### Records provided
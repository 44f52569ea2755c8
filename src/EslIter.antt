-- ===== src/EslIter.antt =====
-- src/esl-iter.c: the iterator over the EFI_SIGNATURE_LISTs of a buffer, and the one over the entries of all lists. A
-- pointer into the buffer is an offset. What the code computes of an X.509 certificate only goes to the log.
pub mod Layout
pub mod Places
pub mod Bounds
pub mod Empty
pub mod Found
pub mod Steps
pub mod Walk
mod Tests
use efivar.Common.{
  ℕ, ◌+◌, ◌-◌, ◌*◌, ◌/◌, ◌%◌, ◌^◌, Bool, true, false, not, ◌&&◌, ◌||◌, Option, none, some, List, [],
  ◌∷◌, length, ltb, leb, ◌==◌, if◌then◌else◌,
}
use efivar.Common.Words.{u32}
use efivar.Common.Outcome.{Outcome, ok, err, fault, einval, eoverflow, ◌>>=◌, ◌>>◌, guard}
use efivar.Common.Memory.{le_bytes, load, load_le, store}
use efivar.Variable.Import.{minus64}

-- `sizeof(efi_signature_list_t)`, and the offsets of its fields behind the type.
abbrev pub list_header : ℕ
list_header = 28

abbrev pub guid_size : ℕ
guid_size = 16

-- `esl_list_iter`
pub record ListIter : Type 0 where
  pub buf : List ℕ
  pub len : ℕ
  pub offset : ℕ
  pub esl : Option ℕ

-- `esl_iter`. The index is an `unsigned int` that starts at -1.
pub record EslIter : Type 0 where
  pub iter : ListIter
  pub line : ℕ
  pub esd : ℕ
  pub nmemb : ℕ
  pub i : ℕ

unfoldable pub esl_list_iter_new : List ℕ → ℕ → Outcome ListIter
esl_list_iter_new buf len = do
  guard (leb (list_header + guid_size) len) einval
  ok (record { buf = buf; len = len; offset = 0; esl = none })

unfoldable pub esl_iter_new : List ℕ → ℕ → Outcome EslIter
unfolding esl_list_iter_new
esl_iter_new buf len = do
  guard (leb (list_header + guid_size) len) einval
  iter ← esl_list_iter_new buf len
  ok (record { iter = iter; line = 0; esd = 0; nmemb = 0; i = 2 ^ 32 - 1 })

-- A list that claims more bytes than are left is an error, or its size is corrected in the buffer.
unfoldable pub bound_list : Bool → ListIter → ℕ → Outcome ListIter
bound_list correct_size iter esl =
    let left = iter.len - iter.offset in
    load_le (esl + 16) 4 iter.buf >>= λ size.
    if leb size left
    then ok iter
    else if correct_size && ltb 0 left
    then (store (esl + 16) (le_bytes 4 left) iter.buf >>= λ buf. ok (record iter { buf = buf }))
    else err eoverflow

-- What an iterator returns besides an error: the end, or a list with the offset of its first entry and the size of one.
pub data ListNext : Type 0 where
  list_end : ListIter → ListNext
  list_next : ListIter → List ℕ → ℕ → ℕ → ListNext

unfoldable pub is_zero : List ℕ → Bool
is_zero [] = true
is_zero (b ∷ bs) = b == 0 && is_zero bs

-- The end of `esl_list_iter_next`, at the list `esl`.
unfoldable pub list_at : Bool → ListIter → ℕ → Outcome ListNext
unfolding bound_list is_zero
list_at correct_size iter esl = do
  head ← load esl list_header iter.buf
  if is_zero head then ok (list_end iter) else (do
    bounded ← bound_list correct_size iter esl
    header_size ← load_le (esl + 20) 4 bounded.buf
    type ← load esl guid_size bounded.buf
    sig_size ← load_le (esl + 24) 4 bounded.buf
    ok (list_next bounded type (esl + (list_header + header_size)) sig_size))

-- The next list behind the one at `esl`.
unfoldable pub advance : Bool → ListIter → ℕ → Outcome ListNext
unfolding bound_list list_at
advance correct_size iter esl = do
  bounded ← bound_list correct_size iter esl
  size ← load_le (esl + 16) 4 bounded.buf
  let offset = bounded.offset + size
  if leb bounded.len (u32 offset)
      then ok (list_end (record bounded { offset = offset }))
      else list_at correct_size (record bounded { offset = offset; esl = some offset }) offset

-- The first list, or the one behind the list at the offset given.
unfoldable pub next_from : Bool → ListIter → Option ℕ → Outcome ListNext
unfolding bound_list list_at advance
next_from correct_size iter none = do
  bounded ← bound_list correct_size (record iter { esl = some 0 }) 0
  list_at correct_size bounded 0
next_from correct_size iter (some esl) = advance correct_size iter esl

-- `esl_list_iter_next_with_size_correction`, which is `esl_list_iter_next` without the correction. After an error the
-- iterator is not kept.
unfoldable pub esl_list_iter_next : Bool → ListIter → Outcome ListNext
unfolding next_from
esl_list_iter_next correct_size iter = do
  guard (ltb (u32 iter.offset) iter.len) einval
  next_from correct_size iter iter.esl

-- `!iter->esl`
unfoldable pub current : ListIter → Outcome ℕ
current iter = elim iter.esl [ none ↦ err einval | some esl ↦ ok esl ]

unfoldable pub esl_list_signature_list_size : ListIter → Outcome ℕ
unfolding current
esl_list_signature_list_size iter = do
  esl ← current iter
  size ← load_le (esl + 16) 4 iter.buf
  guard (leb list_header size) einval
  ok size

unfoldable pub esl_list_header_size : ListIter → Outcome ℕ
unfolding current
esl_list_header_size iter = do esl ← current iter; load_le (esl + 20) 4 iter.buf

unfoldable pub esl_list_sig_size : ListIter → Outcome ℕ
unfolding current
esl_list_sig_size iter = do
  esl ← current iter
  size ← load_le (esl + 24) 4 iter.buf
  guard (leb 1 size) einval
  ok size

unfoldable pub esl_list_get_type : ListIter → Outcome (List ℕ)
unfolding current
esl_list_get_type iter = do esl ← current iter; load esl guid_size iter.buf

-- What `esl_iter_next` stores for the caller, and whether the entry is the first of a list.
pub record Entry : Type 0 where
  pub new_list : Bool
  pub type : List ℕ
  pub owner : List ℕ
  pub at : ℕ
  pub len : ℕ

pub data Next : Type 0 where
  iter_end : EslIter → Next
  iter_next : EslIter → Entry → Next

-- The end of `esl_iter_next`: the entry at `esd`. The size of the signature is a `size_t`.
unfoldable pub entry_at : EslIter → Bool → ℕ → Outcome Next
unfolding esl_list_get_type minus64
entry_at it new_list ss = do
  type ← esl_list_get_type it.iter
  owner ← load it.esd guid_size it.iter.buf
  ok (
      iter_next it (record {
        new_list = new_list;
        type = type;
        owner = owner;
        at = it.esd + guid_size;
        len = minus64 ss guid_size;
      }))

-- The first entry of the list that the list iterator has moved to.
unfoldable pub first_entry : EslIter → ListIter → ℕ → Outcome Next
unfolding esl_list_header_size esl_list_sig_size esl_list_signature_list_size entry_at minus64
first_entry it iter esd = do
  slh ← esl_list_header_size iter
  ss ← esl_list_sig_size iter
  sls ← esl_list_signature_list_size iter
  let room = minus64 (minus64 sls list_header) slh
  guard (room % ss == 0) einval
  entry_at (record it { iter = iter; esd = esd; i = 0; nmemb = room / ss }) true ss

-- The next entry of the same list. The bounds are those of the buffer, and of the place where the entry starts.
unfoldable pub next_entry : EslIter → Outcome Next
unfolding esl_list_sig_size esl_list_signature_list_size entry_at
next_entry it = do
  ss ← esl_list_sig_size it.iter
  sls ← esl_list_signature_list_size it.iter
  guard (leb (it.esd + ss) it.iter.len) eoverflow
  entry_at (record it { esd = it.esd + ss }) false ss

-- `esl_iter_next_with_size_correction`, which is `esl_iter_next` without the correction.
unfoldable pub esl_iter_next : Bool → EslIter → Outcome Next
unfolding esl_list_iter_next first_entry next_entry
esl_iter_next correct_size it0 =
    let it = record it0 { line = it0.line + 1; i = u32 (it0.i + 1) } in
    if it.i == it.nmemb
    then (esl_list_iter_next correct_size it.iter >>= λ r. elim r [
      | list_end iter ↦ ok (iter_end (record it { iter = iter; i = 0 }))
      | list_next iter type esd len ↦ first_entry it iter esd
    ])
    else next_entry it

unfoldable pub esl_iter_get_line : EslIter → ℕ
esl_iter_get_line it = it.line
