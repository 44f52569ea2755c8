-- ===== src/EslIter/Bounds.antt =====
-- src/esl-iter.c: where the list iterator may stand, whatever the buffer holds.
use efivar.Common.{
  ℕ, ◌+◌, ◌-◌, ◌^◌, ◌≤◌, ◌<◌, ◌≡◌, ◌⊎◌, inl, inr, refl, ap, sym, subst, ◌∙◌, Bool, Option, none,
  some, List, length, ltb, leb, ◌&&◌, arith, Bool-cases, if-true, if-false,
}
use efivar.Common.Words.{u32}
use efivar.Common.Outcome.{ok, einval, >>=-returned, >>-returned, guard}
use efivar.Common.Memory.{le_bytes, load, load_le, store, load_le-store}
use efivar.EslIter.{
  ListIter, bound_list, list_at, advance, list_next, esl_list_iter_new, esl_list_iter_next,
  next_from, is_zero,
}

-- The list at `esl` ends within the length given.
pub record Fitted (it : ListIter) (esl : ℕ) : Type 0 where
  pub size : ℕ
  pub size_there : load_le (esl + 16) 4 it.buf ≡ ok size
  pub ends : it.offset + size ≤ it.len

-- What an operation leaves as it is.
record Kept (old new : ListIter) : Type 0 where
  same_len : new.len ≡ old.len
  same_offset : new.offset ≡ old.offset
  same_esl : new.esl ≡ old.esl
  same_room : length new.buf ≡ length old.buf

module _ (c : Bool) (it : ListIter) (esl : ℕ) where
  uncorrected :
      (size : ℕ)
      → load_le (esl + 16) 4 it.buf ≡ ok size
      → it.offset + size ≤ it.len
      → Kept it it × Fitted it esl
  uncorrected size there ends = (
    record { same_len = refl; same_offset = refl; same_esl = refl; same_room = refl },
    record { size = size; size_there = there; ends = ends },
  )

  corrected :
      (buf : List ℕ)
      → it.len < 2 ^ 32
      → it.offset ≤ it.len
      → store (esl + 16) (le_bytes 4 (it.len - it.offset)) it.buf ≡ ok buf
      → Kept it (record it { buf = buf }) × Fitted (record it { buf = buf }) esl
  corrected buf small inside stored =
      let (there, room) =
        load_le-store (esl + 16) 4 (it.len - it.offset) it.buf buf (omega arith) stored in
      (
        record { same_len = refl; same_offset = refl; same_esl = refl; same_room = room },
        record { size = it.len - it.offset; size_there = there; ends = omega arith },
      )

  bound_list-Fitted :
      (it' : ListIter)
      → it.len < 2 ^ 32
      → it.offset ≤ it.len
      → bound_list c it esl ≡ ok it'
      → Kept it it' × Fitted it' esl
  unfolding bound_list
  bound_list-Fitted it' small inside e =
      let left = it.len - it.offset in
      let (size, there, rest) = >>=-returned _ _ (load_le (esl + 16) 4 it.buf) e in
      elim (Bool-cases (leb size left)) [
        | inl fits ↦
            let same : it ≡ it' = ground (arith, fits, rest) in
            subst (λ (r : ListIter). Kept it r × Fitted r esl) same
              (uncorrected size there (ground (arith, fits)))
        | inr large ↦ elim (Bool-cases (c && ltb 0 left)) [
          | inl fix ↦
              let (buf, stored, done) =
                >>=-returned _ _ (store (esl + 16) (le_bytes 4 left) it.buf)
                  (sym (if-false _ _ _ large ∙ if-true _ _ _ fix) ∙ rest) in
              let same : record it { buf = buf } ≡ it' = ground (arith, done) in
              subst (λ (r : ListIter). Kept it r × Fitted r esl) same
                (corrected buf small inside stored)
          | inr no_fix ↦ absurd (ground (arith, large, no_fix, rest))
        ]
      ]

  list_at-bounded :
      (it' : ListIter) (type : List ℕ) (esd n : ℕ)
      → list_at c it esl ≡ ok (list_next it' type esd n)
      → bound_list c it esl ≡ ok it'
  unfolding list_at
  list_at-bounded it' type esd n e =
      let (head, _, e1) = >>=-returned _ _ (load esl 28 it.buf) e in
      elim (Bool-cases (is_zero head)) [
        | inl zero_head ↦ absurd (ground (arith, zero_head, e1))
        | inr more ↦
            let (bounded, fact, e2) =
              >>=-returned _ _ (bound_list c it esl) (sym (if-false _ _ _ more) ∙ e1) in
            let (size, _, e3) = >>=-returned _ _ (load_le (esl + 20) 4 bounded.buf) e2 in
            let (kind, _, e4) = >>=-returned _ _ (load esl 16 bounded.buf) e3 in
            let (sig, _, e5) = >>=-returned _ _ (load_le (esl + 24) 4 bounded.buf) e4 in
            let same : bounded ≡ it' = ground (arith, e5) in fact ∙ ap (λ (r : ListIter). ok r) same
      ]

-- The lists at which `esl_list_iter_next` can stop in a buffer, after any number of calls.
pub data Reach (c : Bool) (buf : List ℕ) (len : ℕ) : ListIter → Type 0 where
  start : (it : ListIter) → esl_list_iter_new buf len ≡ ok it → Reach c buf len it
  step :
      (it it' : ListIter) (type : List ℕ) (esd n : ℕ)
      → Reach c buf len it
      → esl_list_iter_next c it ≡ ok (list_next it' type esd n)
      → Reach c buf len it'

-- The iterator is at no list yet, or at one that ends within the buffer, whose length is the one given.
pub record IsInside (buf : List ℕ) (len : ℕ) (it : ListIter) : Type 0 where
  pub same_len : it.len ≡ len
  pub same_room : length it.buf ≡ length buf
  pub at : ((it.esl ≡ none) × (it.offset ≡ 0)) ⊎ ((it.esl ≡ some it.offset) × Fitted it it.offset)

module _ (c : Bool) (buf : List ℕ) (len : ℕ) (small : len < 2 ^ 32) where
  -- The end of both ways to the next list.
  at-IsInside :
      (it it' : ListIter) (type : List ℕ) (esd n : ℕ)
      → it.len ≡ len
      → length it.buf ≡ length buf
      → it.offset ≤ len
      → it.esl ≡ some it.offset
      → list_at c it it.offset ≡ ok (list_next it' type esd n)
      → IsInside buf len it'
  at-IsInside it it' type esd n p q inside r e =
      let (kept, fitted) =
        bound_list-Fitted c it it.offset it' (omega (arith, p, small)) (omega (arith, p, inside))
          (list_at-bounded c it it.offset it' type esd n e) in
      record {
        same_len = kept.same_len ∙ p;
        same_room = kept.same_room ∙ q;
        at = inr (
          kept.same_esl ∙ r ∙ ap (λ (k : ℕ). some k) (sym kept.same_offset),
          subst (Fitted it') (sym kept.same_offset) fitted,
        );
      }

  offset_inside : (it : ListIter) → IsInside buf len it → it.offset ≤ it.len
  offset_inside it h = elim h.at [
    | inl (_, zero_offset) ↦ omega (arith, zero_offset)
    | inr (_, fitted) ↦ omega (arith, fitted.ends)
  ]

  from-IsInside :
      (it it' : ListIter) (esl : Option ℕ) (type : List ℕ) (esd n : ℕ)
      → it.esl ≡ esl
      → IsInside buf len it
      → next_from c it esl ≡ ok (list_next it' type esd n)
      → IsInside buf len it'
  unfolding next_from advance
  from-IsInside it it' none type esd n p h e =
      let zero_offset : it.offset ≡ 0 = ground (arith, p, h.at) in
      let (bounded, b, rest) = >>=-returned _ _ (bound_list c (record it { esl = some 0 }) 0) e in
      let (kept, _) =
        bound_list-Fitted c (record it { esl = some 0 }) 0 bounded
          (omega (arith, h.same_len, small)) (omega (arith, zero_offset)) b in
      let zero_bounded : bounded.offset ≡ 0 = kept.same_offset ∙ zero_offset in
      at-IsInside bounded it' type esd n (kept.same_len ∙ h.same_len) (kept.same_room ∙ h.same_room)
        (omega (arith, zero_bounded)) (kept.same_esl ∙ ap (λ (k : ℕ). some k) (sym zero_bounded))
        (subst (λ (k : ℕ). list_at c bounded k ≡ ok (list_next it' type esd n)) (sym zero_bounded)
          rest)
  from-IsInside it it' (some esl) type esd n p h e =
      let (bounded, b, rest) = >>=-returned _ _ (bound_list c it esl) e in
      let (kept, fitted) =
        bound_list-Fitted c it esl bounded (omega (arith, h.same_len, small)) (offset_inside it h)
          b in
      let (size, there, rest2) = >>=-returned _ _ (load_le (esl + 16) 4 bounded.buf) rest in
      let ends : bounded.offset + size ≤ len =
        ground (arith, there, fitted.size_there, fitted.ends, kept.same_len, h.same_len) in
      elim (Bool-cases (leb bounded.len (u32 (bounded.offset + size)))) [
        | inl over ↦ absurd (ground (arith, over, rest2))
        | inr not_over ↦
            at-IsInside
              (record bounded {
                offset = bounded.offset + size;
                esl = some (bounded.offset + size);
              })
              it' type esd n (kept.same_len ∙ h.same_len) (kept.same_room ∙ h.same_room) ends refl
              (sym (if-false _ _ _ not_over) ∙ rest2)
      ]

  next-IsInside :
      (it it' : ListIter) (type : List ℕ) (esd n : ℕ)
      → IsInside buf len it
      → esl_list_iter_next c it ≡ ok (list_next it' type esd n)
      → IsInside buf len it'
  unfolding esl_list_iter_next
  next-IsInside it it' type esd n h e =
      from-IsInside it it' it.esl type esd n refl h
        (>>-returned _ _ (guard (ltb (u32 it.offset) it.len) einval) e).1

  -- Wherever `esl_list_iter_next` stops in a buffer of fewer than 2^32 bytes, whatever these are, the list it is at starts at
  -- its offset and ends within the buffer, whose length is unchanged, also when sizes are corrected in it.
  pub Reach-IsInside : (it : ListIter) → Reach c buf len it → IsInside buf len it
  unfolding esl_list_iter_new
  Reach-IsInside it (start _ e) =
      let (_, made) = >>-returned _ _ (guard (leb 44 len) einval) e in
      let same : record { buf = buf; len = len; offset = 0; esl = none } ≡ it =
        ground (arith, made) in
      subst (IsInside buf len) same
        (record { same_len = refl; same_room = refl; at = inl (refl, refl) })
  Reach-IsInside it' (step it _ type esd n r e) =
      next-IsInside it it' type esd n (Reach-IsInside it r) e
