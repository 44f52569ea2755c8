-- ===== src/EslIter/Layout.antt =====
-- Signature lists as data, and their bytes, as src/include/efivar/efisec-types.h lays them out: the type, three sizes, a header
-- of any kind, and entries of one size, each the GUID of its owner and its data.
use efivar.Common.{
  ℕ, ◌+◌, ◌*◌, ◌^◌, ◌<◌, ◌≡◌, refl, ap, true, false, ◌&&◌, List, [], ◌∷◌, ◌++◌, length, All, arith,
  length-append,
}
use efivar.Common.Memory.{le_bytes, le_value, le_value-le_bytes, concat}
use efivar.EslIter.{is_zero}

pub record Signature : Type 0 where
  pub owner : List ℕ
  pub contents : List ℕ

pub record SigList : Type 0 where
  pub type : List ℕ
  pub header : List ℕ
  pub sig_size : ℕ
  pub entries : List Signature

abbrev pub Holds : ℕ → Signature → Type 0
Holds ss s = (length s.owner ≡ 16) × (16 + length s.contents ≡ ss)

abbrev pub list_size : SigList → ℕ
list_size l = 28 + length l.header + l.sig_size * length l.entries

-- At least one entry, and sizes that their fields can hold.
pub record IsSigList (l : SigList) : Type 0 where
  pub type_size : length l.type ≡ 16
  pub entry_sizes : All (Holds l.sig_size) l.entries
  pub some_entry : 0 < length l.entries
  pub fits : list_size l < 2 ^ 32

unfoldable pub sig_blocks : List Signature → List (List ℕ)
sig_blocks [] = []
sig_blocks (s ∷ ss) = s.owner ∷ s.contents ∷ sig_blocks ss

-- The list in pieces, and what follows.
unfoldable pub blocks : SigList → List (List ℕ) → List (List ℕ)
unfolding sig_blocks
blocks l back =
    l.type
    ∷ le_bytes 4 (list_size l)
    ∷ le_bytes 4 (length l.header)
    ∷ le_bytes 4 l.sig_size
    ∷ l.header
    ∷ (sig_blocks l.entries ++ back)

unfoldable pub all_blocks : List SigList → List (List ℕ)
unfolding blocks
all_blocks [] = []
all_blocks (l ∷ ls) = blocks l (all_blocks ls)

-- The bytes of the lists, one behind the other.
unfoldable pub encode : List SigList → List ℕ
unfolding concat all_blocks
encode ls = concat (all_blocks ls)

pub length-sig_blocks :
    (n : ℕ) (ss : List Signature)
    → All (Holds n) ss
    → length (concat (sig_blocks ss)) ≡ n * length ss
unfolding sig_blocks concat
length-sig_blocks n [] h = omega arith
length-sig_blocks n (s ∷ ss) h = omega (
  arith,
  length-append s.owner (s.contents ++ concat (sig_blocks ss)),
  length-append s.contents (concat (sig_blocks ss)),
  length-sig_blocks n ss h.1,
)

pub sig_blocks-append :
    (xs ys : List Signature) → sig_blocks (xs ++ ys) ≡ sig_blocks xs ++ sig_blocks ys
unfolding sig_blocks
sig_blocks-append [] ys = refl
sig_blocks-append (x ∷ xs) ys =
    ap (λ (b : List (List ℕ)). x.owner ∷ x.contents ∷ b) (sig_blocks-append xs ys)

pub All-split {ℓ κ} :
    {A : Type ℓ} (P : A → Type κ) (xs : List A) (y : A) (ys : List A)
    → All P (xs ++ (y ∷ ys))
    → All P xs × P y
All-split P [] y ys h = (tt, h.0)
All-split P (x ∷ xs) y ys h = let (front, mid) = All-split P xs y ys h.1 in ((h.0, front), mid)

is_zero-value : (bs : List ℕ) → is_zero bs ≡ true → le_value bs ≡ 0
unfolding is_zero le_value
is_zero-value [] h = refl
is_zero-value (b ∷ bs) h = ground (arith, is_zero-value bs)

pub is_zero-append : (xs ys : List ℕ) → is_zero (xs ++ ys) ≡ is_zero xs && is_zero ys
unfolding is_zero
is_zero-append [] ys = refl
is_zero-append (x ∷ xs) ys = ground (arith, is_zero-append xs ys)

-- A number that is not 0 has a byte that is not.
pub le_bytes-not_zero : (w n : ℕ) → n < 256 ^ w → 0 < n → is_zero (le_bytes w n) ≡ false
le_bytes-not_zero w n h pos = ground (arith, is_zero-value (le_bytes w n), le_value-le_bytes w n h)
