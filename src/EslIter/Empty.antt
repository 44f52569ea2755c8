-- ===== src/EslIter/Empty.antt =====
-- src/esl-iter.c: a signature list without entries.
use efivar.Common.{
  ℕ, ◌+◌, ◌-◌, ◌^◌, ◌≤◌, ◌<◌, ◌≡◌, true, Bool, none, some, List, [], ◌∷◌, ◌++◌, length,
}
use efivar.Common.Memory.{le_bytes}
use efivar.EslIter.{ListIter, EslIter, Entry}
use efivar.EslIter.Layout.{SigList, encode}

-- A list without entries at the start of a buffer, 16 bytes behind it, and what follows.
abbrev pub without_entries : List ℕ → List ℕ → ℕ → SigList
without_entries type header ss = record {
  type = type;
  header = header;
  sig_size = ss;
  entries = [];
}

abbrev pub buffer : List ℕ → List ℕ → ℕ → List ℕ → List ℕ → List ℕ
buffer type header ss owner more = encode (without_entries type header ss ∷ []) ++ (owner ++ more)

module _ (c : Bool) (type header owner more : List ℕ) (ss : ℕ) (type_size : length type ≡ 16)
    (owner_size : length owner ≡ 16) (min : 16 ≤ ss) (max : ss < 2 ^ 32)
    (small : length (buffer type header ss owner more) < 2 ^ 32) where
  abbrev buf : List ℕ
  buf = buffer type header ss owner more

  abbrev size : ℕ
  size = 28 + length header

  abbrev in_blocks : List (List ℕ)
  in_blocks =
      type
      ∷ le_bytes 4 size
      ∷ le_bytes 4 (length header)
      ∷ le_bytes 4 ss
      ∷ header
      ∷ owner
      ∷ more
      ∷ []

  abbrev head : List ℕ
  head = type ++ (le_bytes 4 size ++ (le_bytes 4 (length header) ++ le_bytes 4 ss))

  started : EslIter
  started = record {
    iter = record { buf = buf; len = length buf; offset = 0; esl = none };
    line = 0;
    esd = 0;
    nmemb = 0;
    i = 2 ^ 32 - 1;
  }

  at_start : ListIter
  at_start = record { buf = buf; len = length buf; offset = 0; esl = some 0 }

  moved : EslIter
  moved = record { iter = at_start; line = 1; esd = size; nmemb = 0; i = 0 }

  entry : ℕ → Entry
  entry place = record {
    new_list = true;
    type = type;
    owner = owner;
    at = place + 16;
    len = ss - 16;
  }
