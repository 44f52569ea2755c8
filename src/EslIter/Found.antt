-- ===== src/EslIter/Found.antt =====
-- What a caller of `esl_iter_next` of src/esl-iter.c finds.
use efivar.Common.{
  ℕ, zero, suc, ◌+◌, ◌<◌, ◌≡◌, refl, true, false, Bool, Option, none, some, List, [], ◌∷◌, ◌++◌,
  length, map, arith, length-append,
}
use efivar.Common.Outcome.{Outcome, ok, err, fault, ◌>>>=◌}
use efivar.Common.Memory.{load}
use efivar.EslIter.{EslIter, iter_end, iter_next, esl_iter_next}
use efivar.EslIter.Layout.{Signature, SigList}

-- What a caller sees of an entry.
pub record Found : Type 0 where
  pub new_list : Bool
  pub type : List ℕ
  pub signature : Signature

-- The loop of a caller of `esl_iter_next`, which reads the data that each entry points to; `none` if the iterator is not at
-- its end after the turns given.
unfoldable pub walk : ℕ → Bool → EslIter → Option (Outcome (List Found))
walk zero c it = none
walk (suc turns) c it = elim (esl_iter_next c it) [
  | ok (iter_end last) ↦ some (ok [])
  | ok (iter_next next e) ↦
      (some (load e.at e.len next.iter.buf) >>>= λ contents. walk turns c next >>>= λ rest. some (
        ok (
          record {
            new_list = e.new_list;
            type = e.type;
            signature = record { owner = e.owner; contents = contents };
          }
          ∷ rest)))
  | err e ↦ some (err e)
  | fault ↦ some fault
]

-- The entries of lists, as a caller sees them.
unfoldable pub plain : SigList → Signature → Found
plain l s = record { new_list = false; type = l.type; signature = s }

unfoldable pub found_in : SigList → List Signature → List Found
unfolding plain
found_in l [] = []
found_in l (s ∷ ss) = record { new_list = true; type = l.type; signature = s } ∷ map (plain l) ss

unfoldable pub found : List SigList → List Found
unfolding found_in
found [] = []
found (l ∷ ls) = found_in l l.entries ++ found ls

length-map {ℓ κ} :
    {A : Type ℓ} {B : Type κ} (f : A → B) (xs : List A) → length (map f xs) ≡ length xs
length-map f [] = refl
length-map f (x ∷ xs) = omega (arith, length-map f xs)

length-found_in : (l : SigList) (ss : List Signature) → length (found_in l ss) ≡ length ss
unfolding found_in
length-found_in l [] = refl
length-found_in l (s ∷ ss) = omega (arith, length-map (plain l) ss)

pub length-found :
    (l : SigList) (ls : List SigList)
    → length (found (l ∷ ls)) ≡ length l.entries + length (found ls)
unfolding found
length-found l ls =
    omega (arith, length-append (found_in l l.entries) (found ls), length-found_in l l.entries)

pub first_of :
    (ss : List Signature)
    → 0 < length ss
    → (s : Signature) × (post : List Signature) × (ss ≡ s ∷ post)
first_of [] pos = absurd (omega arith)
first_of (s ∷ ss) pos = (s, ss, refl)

### Required action
Search the data above for the string "filename". Report every line where it is found.

### Result below
filename src/EslIter.antt
filename src/EslIter/Empty.antt
filename src/EslIter/Found.antt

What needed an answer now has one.